# My car is from 1998



## John DeMaio (Dec 17, 2014)

I own a 1998 Mercury Grand Marquis with under 70k miles on it. It was driven by a grandma and is in immaculate condition both for its exterior and interior.
Will I be able to drive this car for Uber? (uberx/uber black)

If not.. what about lyft and sidecar?

**UPDATE: Uber doesn't allow any vehicle that is registered as older than 2004, no exceptions!


----------



## UberLuxbod (Sep 2, 2014)

I would be extremely surprised if they allowed you to use a 1998 vehicle.

It is 16yrs old.

Would you pay to be taken somewhere in a 16yr old vehicle?

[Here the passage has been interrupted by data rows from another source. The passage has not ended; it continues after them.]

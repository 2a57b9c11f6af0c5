-- ===== src/Mcp/Proxy/Log.antt =====
-- What becomes of the lines on stdin during a run, told from the outside: which lines arrived,
-- and what was done with each, in the order in which it was done.
use open_agent_lock.Common.{
  Bool, List, Option, Text, [], false, if◌then◌else◌, is_some, none, some, true, ◌++◌, ◌∷◌,
}
use open_agent_lock.Daemon.{Reply}
use open_agent_lock.Mcp.LineBuffer.{push}
use open_agent_lock.Mcp.Proxy.{
  Call, Event, Job, Proxy, child_data, child_exit, close, daemon_reply, host_data, host_end, line,
  step, turn,
}
use open_agent_lock.Mcp.Proxy.Wire.{
  Link, Route, fault, gated, is_denial, pass, route_line, verdict_of,
}

-- Not held back; held back and let through or refused upon the daemon's answer; lost to an error.
pub data Fate : Type 0 where
  passed : Fate
  released : Reply → Fate
  refused : Reply → Fate
  dropped : Fate

abbrev pub fate_of_route : Text → Route → List (Text × Fate)
fate_of_route l pass = (l, passed) ∷ []
fate_of_route l fault = (l, dropped) ∷ []
fate_of_route l (gated id params) = []

abbrev pub fate_of_reply : Bool → Reply → Fate
fate_of_reply true r = refused r
fate_of_reply false r = released r

module _ (link : Link) where
  abbrev pub settled_job : List Job → List (Text × Fate)
  settled_job [] = []
  settled_job (line l ∷ rest) = fate_of_route l (route_line link l)
  settled_job (close ∷ rest) = []

  abbrev pub settled_call : Option Call → Reply → List (Text × Fate)
  settled_call none r = []
  settled_call (some c) r = (c.line, fate_of_reply (is_denial (verdict_of r)) r) ∷ []

  -- The lines whose processing an event brings to its end, in a process that runs.
  abbrev pub settles : Event → Proxy → List (Text × Fate)
  settles turn p = if is_some p.awaiting then [] else settled_job p.jobs
  settles (daemon_reply r) p = settled_call p.awaiting r
  settles (host_data chunk) p = []
  settles host_end p = []
  settles (child_data chunk) p = []
  settles child_exit p = []

  abbrev pub settled : Event → Proxy → List (Text × Fate)
  settled e p = if p.stopped then [] else settles e p

  unfoldable pub log : List Event → Proxy → List (Text × Fate)
  log [] p = []
  log (e ∷ es) p = settled e p ++ log es (step link e p)

-- The lines that the data of an event completes.
abbrev pub brings : Event → Proxy → List Text
brings (host_data chunk) p = (push p.host_buf chunk).0
brings turn p = []
brings (daemon_reply r) p = []
brings host_end p = []
brings (child_data chunk) p = []
brings child_exit p = []

-- The lines that the data of an event completes on the child's side.
abbrev pub child_brings : Event → Proxy → List Text
child_brings (child_data chunk) p = (push p.child_buf chunk).0
child_brings (host_data chunk) p = []
child_brings turn p = []
child_brings (daemon_reply r) p = []
child_brings host_end p = []
child_brings child_exit p = []

abbrev pub arrived : Event → Proxy → List Text
arrived e p = if p.stopped then [] else brings e p

abbrev pub child_arrived : Event → Proxy → List Text
child_arrived e p = if p.stopped then [] else child_brings e p

module _ (link : Link) where
  unfoldable pub arrivals : List Event → Proxy → List Text
  arrivals [] p = []
  arrivals (e ∷ es) p = arrived e p ++ arrivals es (step link e p)

  unfoldable pub child_arrivals : List Event → Proxy → List Text
  child_arrivals [] p = []
  child_arrivals (e ∷ es) p = child_arrived e p ++ child_arrivals es (step link e p)

abbrev pub logged_lines : List (Text × Fate) → List Text
logged_lines [] = []
logged_lines ((l, f) ∷ r) = l ∷ logged_lines r

abbrev keep_if_forwarded : Text → Fate → List Text → List Text
keep_if_forwarded l passed r = l ∷ r
keep_if_forwarded l (released r') r = l ∷ r
keep_if_forwarded l (refused r') r = r
keep_if_forwarded l dropped r = r

-- The lines that went to the child.
abbrev pub forwarded_lines : List (Text × Fate) → List Text
forwarded_lines [] = []
forwarded_lines ((l, f) ∷ r) = keep_if_forwarded l f (forwarded_lines r)

abbrev pub waiting_line : Option Call → List Text
waiting_line none = []
waiting_line (some c) = c.line ∷ []

abbrev pub job_lines : List Job → List Text
job_lines [] = []
job_lines (line l ∷ rest) = l ∷ job_lines rest
job_lines (close ∷ rest) = job_lines rest

-- The lines that have arrived and are not done with: the one that waits for a verdict, if there
-- is one, then the queue.
abbrev pub held_lines : Proxy → List Text
held_lines p = waiting_line p.awaiting ++ job_lines p.jobs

Also a vehicle of that age and low mileage is likely to prove unreliable when pushed into high miles daily service.


----------



## elelegido (Sep 24, 2014)

I'd pay to ride in it if it was immaculate, or even just very clean. I love older cars - until recently I drove an immaculate 1997 Infiniti G20. 

I sold it at 150k miles. All it ever needed in terms of repairs was a distributor (used, off eBay for $40, 15 minutes to fit) and a fuel pump (again, $40 used off eBay, 30 minutes to fit). That's it; apart from the usual oil changes, filters, brake pads, a battery etc. An amazingly reliable car 

I also liked it because its reliability and longevity made it very environmentally friendly - it provided 17 years of service to multiple owners. If all cars gave 17 years of service then fewer new cars would be built and sold. Each new car takes the energy equivalent of hundreds of barrels of oil to manufacture, plus raw materials obviously.

Conservation of resources and extending the lives of assets already manufactured is what we should care about. Not this silly, wasteful culture we have of throwing things away and, "your car must be 2007 or newer" etc when an older car will do the same job perfectly as well. All because of snobbery for snobbery's sake and no other reason. As if the Earth had limitless resources, and we're not using them up many times faster than we're finding them.

So yeah, I'd definitely ride in '98 Grand Marquis, and congratulate the owner on its condition.


----------



## UberLuxbod (Sep 2, 2014)

I'm glad for you.

I would rather be picked up in a 2 or 3 yr old Prius.

Rather than something the thick end of 20yrs old.


----------



## elelegido (Sep 24, 2014)

UberLuxbod said:


> I'm glad for you.
> 
> I would rather be picked up in a 2 or 3 yr old Prius.
> 
> Rather than something the thick end of 20yrs old.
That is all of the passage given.